8. For SNAP, refer to:
(4) OAC 340:50-5-67 for legal alien status of non-citizens rules.
9. For Child Care Subsidy, refer to:
(2) OAC 340:40-7-5 for resource and legal alien status of non-citizen rules; and
(3) OAC 340:40-7-6 for household composition rules.
10. When a person transfers from a TANF benefit to SSP, an advance notice is almost always required because the public assistance benefit for that person reduces. An advance notice is not required when the TANF cash assistance amount remains the same or increases.

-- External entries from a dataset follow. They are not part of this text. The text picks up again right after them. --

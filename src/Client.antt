-- ===== src/Client.antt =====
-- crates/grpc-quic-client.
pub mod Pool
pub mod Timeout
pub mod Retry
pub mod Forward
pub mod Call
pub mod Channel
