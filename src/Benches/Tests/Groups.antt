-- ===== src/Benches/Tests/Groups.antt =====
-- Examples of the handshake and the latency benchmarks
-- (crates/grpc-quic-benches/benches/handshake.rs and quic_latency.rs). An address is its text.
use grpc_quic_rs.Common.{ℕ, String, List, [], ◌∷◌, none, some, ok, ◌≡◌, refl, arith, from_micros}
use grpc_quic_rs.Fixtures.{whole_floats}
use grpc_quic_rs.Benches.{Payload}
use grpc_quic_rs.Benches.Rounds.{Call}
use grpc_quic_rs.Benches.Report.{BenchResult, save_json_or_panic}
use grpc_quic_rs.Benches.Setup.{
  BenchServers, Task, Tcp, shutdown_servers, quic_oneshot, tcp_oneshot,
}
use grpc_quic_rs.Benches.Setup.Connects.{Running}
use grpc_quic_rs.Benches.Handshake.{Handshakes, bench_handshake}
use grpc_quic_rs.Benches.Handshake.Connections.{Ran, unconnected, bench_handshake_lem}
use grpc_quic_rs.Benches.Latencies.{Finished, rounds_of, bench_quic_latency}
use grpc_quic_rs.Benches.Latencies.Run.{Measured, own, bench_quic_latency_lem}
use grpc_quic_rs.Client
use grpc_quic_rs.Client.Channel.{QuicChannel, Addresses}
use grpc_quic_rs.Transport.Tls.{TlsConfig}
use grpc_quic_rs.Transport.Endpoint
use grpc_quic_rs.Transport.Endpoint.{Quinn}
use grpc_quic_rs.Benches.Tests.{
  doubles, histograms, host, disk, rustls, client_builder, trust, client_tls,
}

abbrev quinn : Quinn ℕ ℕ String
quinn = record {
  A = String;
  C = ℕ;
  Endpoint = String;
  Crypto = ℕ;
  ClientCrypto = ℕ;
  any_address = "0.0.0.0:0";
  quic_server_config = λ c. ok c.rest;
  quic_client_config = λ c. ok c.rest;
  server = λ crypto addr. ok "127.0.0.1:4433";
  client = λ addr. ok addr;
  set_default_client_config = λ e crypto. e;
  set_server_config = λ e crypto. e;
  accept = λ e. none;
  connect = λ e addr name. ok (ok 0);
  local_addr = λ e. ok e;
  close = λ e code reason. e;
}

abbrev tcp : Tcp String
tcp = record { Listener = ℕ; E = String; bind = λ s. ok 1; local_addr = λ l. ok "127.0.0.1:8080" }

abbrev addresses : Addresses String
addresses = record { parse = λ s. some s; ip_text = λ a. "127.0.0.1" }

abbrev Channel : Type 0
Channel = QuicChannel String ℕ ℕ (TlsConfig ℕ ℕ) ℕ

abbrev lazy : Channel
lazy =
    unconnected {K = TlsConfig ℕ ℕ} String addresses whole_floats (λ x. x) "127.0.0.1:4433"
      client_tls

-- The three attempts of tonic.
abbrev channels : Handshakes Channel ℕ
channels = record {
  quic = lazy ∷ lazy ∷ [];
  tcp = 0 ∷ 1 ∷ 2 ∷ [];
  shutdown = shutdown_servers {A = String} (record {
    quic_addr = "127.0.0.1:4433";
    tcp_addr = "127.0.0.1:8080";
    quic_shutdown = quic_oneshot;
    tcp_shutdown = tcp_oneshot;
  });
}

bench_handshake_lem_example :
    Ran {C = ℕ} {H = ℕ} {Chan = ℕ} {N = String} {E = String} String rustls trust client_builder
      quinn tcp addresses whole_floats
      (λ x. x)
      (λ uri. ok uri)
      (λ n endpoint. ok n)
      2
      3
      channels
unfolding bench_handshake Client.Channel.connect Endpoint.server
bench_handshake_lem_example =
    bench_handshake_lem String rustls trust client_builder quinn tcp addresses whole_floats (λ x. x)
      (λ uri. ok uri) (λ n endpoint. ok n) (λ x. refl) 2 3 channels refl

abbrev calls : Channel → Payload → List (Call String)
calls client p = ok (from_micros 0, from_micros 12) ∷ ok (from_micros 5, from_micros 25) ∷ []

abbrev quick : Channel
quick = record lazy { concurrency_limit = 512 }

abbrev own_report : ℕ → BenchResult ℕ
own_report =
    own doubles histograms host disk "quic" "quic_latency.json"
      (rounds_of calls (λ size. "now") quick) ([], 0)

abbrev own_reports : List (BenchResult ℕ)
own_reports =
    own_report 64 ∷ own_report 256 ∷ own_report 1024 ∷ own_report 4096 ∷ own_report 16384 ∷ []

abbrev done : Finished ℕ String
done = record {
  reports = own_reports;
  shutdown = channels.shutdown;
  saved = save_json_or_panic disk own_reports "quic_latency.json";
}

bench_quic_latency_lem_example :
    (servers : BenchServers String) × (tasks : List (Task ℕ ℕ String ℕ)) × (client : Channel)
    × Running quinn tcp servers tasks
    × (client.remote ≡ servers.quic_addr)
    × (done.shutdown ≡ shutdown_servers servers)
    × Measured doubles histograms host disk "quic" "quic_latency.json"
        (rounds_of calls (λ size. "now") client)
        ([], 0)
        done
unfolding bench_quic_latency Client.Channel.connect Endpoint.server
bench_quic_latency_lem_example =
    bench_quic_latency_lem String rustls trust client_builder quinn tcp addresses whole_floats
      (λ x. x) doubles histograms host disk (λ size. "now") calls ([], 0) (λ x. refl) refl
      (λ h v. (_, refl)) (λ client size. omega arith) done refl
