-- ===== src/Core/Body.antt =====
-- crates/grpc-quic-core/src/body.rs: the bodies that read an HTTP/3 stream. The stream is a
-- parameter: a state, and what a poll of it answers.
pub mod Peer
pub mod Server
pub mod Client
mod Tests
use grpc_quic_rs.Common.{Bytes, Option, Result, Poll}
use grpc_quic_rs.Core.Http.{Frame}
use grpc_quic_rs.Errors.{CoreError}

-- `poll_recv_data` and `poll_recv_trailers` of h3's `RequestStream`, for its errors `E`. A buffer
-- is the bytes that `copy_to_bytes` takes from it.
pub record RecvStream (S H E : Type 0) : Type 0 where
  pub poll_recv_data : S → Poll (Result (Option Bytes) E) × S
  pub poll_recv_trailers : S → Poll (Result (Option H) E) × S

-- What `poll_frame` returns.
abbrev pub FramePoll : Type 0 → Type 0
FramePoll H = Poll (Option (Result (Frame H) CoreError))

12. OKDHS may adjust the SSP benefit one or more times during the year to ensure OKDHS does not spend more or less on the program than was spent the previous year. OKDHS sends a special notice to the client and a broadcast message to staff when an adjustment is made.
13. For rules regarding reopening or reinstating benefits, refer to:
(1) OAC 340:65-5-6 for the TANF and SSP programs;
(2) OAC 340:40-9-2 for the Child Care Subsidy program; and
(3) OAC 340:50-9-5 for SNAP.
14. Using current eligibility information means the effective date of the reopen action that reduces benefits is the same effective date as would have occurred had the benefit remained open.
15. The worker notifies the hearing officer of actions taken while a hearing decision is pending.
16. When, within 30-calendar days of closure, the worker reopens the client's benefit without a gap in benefits because of a reconsideration of administrative action, per OAC 340:65-5-6, the worker attaches a cover letter to the fair hearing request to notify the DHS Legal Services (LS) Appeals Unit that benefits were reopened.Per OAC 340:2-5-70(c), the DHS LS Appeals Unit dismisses the fair hearing request when DHS withdraws the action the client appealed and restores benefits.
17. When the appeal is not decided in the client's favor, the worker sends Form 08MP038E to the client explaining the action taken.